Friday, May 11, 2018
- USDA projected larger than expected 2018/19 U.S. wheat production, pressuring wheat futures lower this week. Slow export sales also weighed on markets. CBOT July wheat fell 27 cents to $4.99/bu, KCBT lost 38 cents to $5.18/bu, and MGEX decreased 18 cents to $6.05/bu. CBOT July corn dropped 10 cents to $3.96/bu and CBOT July soybeans closed 33 cents lower at $10.03/bu.
- Poor hard red winter (HRW) crop conditions are causing many farmers to delay selling new crop wheat as they wait for harvest to begin, supporting export basis. Farmer selling of hard red spring (HRS) is also slow, as farmers are focused on getting the 2018/19 crop in the ground. Export capacity across the United States continues to be limited in the first half of June due to increased demand from corn and soybeans. Unseasonably high freight costs from residual delays and increased corn and soybean demand also supported export basis.
- USDA’s weekly Export Sales Report included net wheat sales of 35,200 metric tons (MT) for marketing year 2017/18. Sales were within trade expectations of 0 to 350,000 MT. Total known outstanding sales and accumulated exports of all classes of wheat for 2017/18, through May 3, 2018, were 23.5 million metric tons (MMT), 16% behind last year’s year-to-date total. USDA expects 2017/18 U.S. wheat exports to reach 24.8 MMT.

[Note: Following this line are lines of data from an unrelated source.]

-- ===== src/Client/Recovery.antt =====
-- What a `Client` can still do after a call that timed out. ZeroMQ documents that a REQ socket
-- alternates: after a send it refuses a further one (`EFSM`) until the answer was received.
use powerhoc.Common.{
  ℕ, zero, suc, Bool, true, false, List, [], ◌∷◌, Option, some, Bytes, All, ◌≡◌, ◌∙◌, ap, refl,
  Bool-cases, inl, inr,
}
use powerhoc.Exc.{Exn, efsm, eintr, Result, ok, err, timeout_error}
use powerhoc.Job.{serialize}
use powerhoc.Retry.{Attempt, done, failed, Socket, is_retryable, retry, send, poll_loop}
use powerhoc.Retry.Laws.{retry_done, retry_again, retry_raise}
use powerhoc.Client.{Client, JobArg, as_job, or_max, after_poll, execute_once, execute}

-- The documented behaviour, for a state in which an answer is `awaited`.
pub record IsReq {S : Type 0} (socket : Socket S) (awaited : S → Bool) : Type 0 where
  pub send_refused :
      (msg : Bytes) (more : Bool) (s : S)
      → awaited s ≡ true
      → (socket.send_noblock msg more s).0 ≡ failed efsm
  pub send_refused_keeps :
      (msg : Bytes) (more : Bool) (s : S)
      → awaited s ≡ true
      → awaited (socket.send_noblock msg more s).1 ≡ true
  pub send_awaits :
      (msg : Bytes) (more : Bool) (s : S)
      → (socket.send_noblock msg more s).0 ≡ done tt
      → awaited (socket.send_noblock msg more s).1 ≡ true
  pub recv_answers :
      (s : S) (msg : Bytes)
      → (socket.recv_noblock s).0 ≡ done msg
      → awaited (socket.recv_noblock s).1 ≡ false
  pub poll_keeps : (t : ℕ) (s : S) → awaited (socket.poll t s).1 ≡ awaited s
  pub sleep_keeps : (s : S) → awaited (socket.sleep s) ≡ awaited s

module _ {S : Type 0} (socket : Socket S) (n fuel : ℕ) (c : Client) (arg : JobArg) (s : S) where
  once_unsent :
      (t : Option ℕ) {e : Exn}
      → (send socket n (serialize (as_job arg)) false s).0 ≡ err e
      → execute_once socket n fuel c arg t s
        ≡ (some (err e), (send socket n (serialize (as_job arg)) false s).1)
  unfolding execute_once
  once_unsent t h = rw (h, execute_once)

  once_sent :
      (t : Option ℕ)
      → (send socket n (serialize (as_job arg)) false s).0 ≡ ok tt
      → execute_once socket n fuel c arg t s ≡ (
          let (p, s') =
            poll_loop socket fuel (or_max c t) (send socket n (serialize (as_job arg)) false s).1 in
          after_poll socket n fuel p s')
  unfolding execute_once
  once_sent t h = rw (h, execute_once)

  execute_raises :
      (t : Option ℕ) {e : Exn} (s' : S)
      → execute_once socket n fuel c arg (some (or_max c t)) s ≡ (some (err e), s')
      → execute socket n fuel c arg t s ≡ (some (err e), c, s')
  unfolding execute
  execute_raises t {e} s' h =
      rw (h, execute) (ap (λ (q : S). (some (err e), c, q)) (ap (λ p. p.1) h))

module _ {S : Type 0} (socket : Socket S) (awaited : S → Bool) (req : IsReq socket awaited) where
  send_stuck :
      (n : ℕ) (msg : Bytes) (s : S)
      → awaited s ≡ true
      → ((send socket n msg false s).0 ≡ err timeout_error)
        × (awaited (send socket n msg false s).1 ≡ true)
  unfolding send
  send_stuck zero msg s h = (refl, h)
  send_stuck (suc n) msg s h =
      rw (req.send_refused msg false s h, retry)
        (send_stuck n msg _ (req.sleep_keeps _ ∙ req.send_refused_keeps msg false s h))

  -- While the answer to an earlier call is awaited, `execute` raises `TimeoutError` and changes
  -- neither the counters nor what is awaited.
  execute_stuck :
      (n fuel : ℕ) (c : Client) (arg : JobArg) (t : Option ℕ) (s : S)
      → awaited s ≡ true
      → (s' : S) × (execute socket n fuel c arg t s ≡ (some (err timeout_error), c, s'))
        × (awaited s' ≡ true)
  execute_stuck n fuel c arg t s h =
      let (e, k) = send_stuck n (serialize (as_job arg)) s h in
      (
        (send socket n (serialize (as_job arg)) false s).1,
        execute_raises socket n fuel c arg s t _ (once_unsent socket n fuel c arg s _ e),
        k,
      )

  send_awaits_step :
      (n : ℕ) (msg : Bytes) (s : S) (a : Attempt (Unit {0}))
      → (socket.send_noblock msg false s).0 ≡ a
      → ((s' : S)
          → (send socket n msg false s').0 ≡ ok tt
          → awaited (send socket n msg false s').1 ≡ true)
      → (send socket (suc n) msg false s).0 ≡ ok tt
      → awaited (send socket (suc n) msg false s).1 ≡ true
  unfolding send
  send_awaits_step n msg s (done u) q ih h =
      rw (retry_done (socket.send_noblock msg false) socket.sleep n s q)
        (req.send_awaits msg false s q)
  send_awaits_step n msg s (failed e) q ih h = elim (Bool-cases (is_retryable e)) [
    | inl k ↦
        let again = retry_again (socket.send_noblock msg false) socket.sleep n s q k in
        rw again (ih _ (rw again at h))
    | inr k ↦ cc (rw (retry_raise (socket.send_noblock msg false) socket.sleep n s q k) at h)
  ]

  -- A message that was sent leaves an answer to wait for.
  send_awaits_all :
      (n : ℕ) (msg : Bytes) (s : S)
      → (send socket n msg false s).0 ≡ ok tt
      → awaited (send socket n msg false s).1 ≡ true
  unfolding send
  send_awaits_all zero msg s h = cc
  send_awaits_all (suc n) msg s h = send_awaits_step n msg s _ refl (send_awaits_all n msg) h

  poll_step :
      (fuel t : ℕ) (s : S) (a : Attempt Bool)
      → (socket.poll t s).0 ≡ a
      → awaited (poll_loop socket fuel t (socket.poll t s).1).1 ≡ awaited (socket.poll t s).1
      → awaited (poll_loop socket (suc fuel) t s).1 ≡ awaited s
  unfolding poll_loop
  poll_step fuel t s (failed eintr) q ih = rw (q, poll_loop) (ih ∙ req.poll_keeps t s)
  poll_step fuel t s _ q ih = rw (q, poll_loop) (req.poll_keeps t s)

  poll_loop_keeps : (fuel t : ℕ) (s : S) → awaited (poll_loop socket fuel t s).1 ≡ awaited s
  poll_loop_keeps zero t s = unfold poll_loop in refl
  poll_loop_keeps (suc fuel) t s =
      poll_step fuel t s _ refl (poll_loop_keeps fuel t (socket.poll t s).1)

-- The results of one call after the other on the same client.
unfoldable pub results :
    {S : Type 0}
    → Socket S
    → ℕ
    → ℕ
    → Client
    → List (JobArg × Option ℕ)
    → S
    → List (Option (Result Bytes))
unfolding execute
results socket n fuel c [] s = []
results socket n fuel c ((arg, t) ∷ calls) s =
    let (r, c', s') = execute socket n fuel c arg t s in r ∷ results socket n fuel c' calls s'

results-cons :
    {S : Type 0} (socket : Socket S) (n fuel : ℕ) (c : Client) (arg : JobArg) (t : Option ℕ)
    (calls : List (JobArg × Option ℕ)) (s : S) {r : Option (Result Bytes)} {c' : Client} {s' : S}
    → execute socket n fuel c arg t s ≡ (r, c', s')
    → results socket n fuel c ((arg, t) ∷ calls) s ≡ r ∷ results socket n fuel c' calls s'
unfolding results
results-cons socket n fuel c arg t calls s h = rw h

module _ {S : Type 0} (socket : Socket S) (awaited : S → Bool) (req : IsReq socket awaited) where
  results_stuck :
      (n fuel : ℕ) (c : Client) (calls : List (JobArg × Option ℕ)) (s : S)
      → awaited s ≡ true
      → All (λ r. r ≡ some (err timeout_error)) (results socket n fuel c calls s)
  results_stuck n fuel c [] s h = unfold results in tt
  results_stuck n fuel c ((arg, t) ∷ calls) s h =
      let (s', e, k) = execute_stuck socket awaited req n fuel c arg t s h in
      rw (results-cons socket n fuel c arg t calls s e) (refl, results_stuck n fuel c calls s' k)

  -- On a REQ socket, a call whose job was sent and whose poll found no answer in time raises
  -- `TimeoutError`, and so does every later call on the same client, also after the late answer has
  -- come.
  pub no_recovery :
      (n fuel : ℕ) (c : Client) (arg : JobArg) (t : Option ℕ) (calls : List (JobArg × Option ℕ))
      (s : S)
      → (let (sent, s') = send socket n (serialize (as_job arg)) false s in
          (sent ≡ ok tt) × ((poll_loop socket fuel (or_max c t) s').0 ≡ some (done false)))
      → All (λ r. r ≡ some (err timeout_error)) (results socket n fuel c ((arg, t) ∷ calls) s)
  no_recovery n fuel c arg t calls s (sent, late) =
      rw (results-cons socket n fuel c arg t calls s (late_raises sent late))
        (refl, results_stuck n fuel c calls _ (still_awaited sent))
    where
      late_raises :
          (send socket n (serialize (as_job arg)) false s).0 ≡ ok tt
          → (poll_loop socket fuel
              (or_max c t)
              (send socket n (serialize (as_job arg)) false s).1).0
            ≡ some (done false)
          → execute socket n fuel c arg t s ≡ (
            some (err timeout_error),
            c,
            (poll_loop socket fuel
                (or_max c t)
                (send socket n (serialize (as_job arg)) false s).1).1,
          )
      late_raises e l =
          execute_raises socket n fuel c arg s t _
            (once_sent socket n fuel c arg s _ e ∙ (unfold or_max after_poll in rw (l, after_poll)))

      still_awaited :
          (send socket n (serialize (as_job arg)) false s).0 ≡ ok tt
          → awaited
              (poll_loop socket fuel
                (or_max c t)
                (send socket n (serialize (as_job arg)) false s).1).1
            ≡ true
      still_awaited e =
          poll_loop_keeps socket awaited req fuel _ _ ∙ send_awaits_all socket awaited req n _ s e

- On May 7, USDA rated 34% of the winter wheat crop in good to excellent condition, up from 33% last week, and 37% of the winter wheat is in poor or very poor condition. Though winter wheat conditions improved, 50% of Kansas, 68% of Oklahoma and 60% of Texas winter wheat is in poor or very poor condition. USDA reported 33% of winter wheat has headed, behind the 5-year average pace of 41%. U.S. spring wheat planting is 30% complete, behind the 5-year average pace of 51% on the same date; 4% of spring wheat has emerged, compared to the 5-year average of 22%.
- On May 10, USDA forecast 2018/19 world wheat production to fall for the first time in 5 years in its monthly World Agricultural Supply and Demand Estimate (WASDE). USDA expects global wheat production to fall to 748 MMT, down 1% from 2017/18. Global trade will reach a record 188 MMT in 2018/19, 9% above the 5-year average. 2018/19 global consumption will set a sixth consecutive record at 754 MMT. World ending stocks will fall to 264 MMT, down 2% from 2017/18, if realized. 2018/19 U.S. wheat production will total 49.8 MMT, up 5% from last year.
- The May 10 U.S. Drought Monitor reported above average temperatures were recorded across the United States. A few scattered storms missed the driest HRW-regions in Colorado, Kansas, Oklahoma and Texas. Western Kansas and Oklahoma and the Texas panhandle are now almost entirely in an extreme to exceptional drought, which is reflected in this week’s winter wheat crop conditions for those states. The current forecast expects above normal temperatures to continue next week, which will worsen drought conditions.
- FranceAgriMer rated 78% of French common wheat in good to excellent condition, unchanged from the week prior.
- According to the Ukraine Agriculture Ministry, spring wheat planting is 92% complete, significantly behind last year’s pace. The Ministry also noted a reduction in planned spring wheat area from the April forecast of 450,000 acres (182,000 hectares) to 437,000 acres (177,000 hectares), due to a shift to peas and oats.
- According to the Saskatchewan weekly crop report, a late spring has delayed spring seeding in the province. As of May 7, 9% of spring planting (all crops) was complete, compared to the 5-year average of 19%. In Alberta, 9% of spring wheat planting is complete, compared to 14% complete on the same date last year.
Baltic and U.S. Dollar Indices
- The Baltic Index increased to 1453, up from 1384 last Friday.
- The Dollar Index fell slightly to 92.54 from 92.56 last week.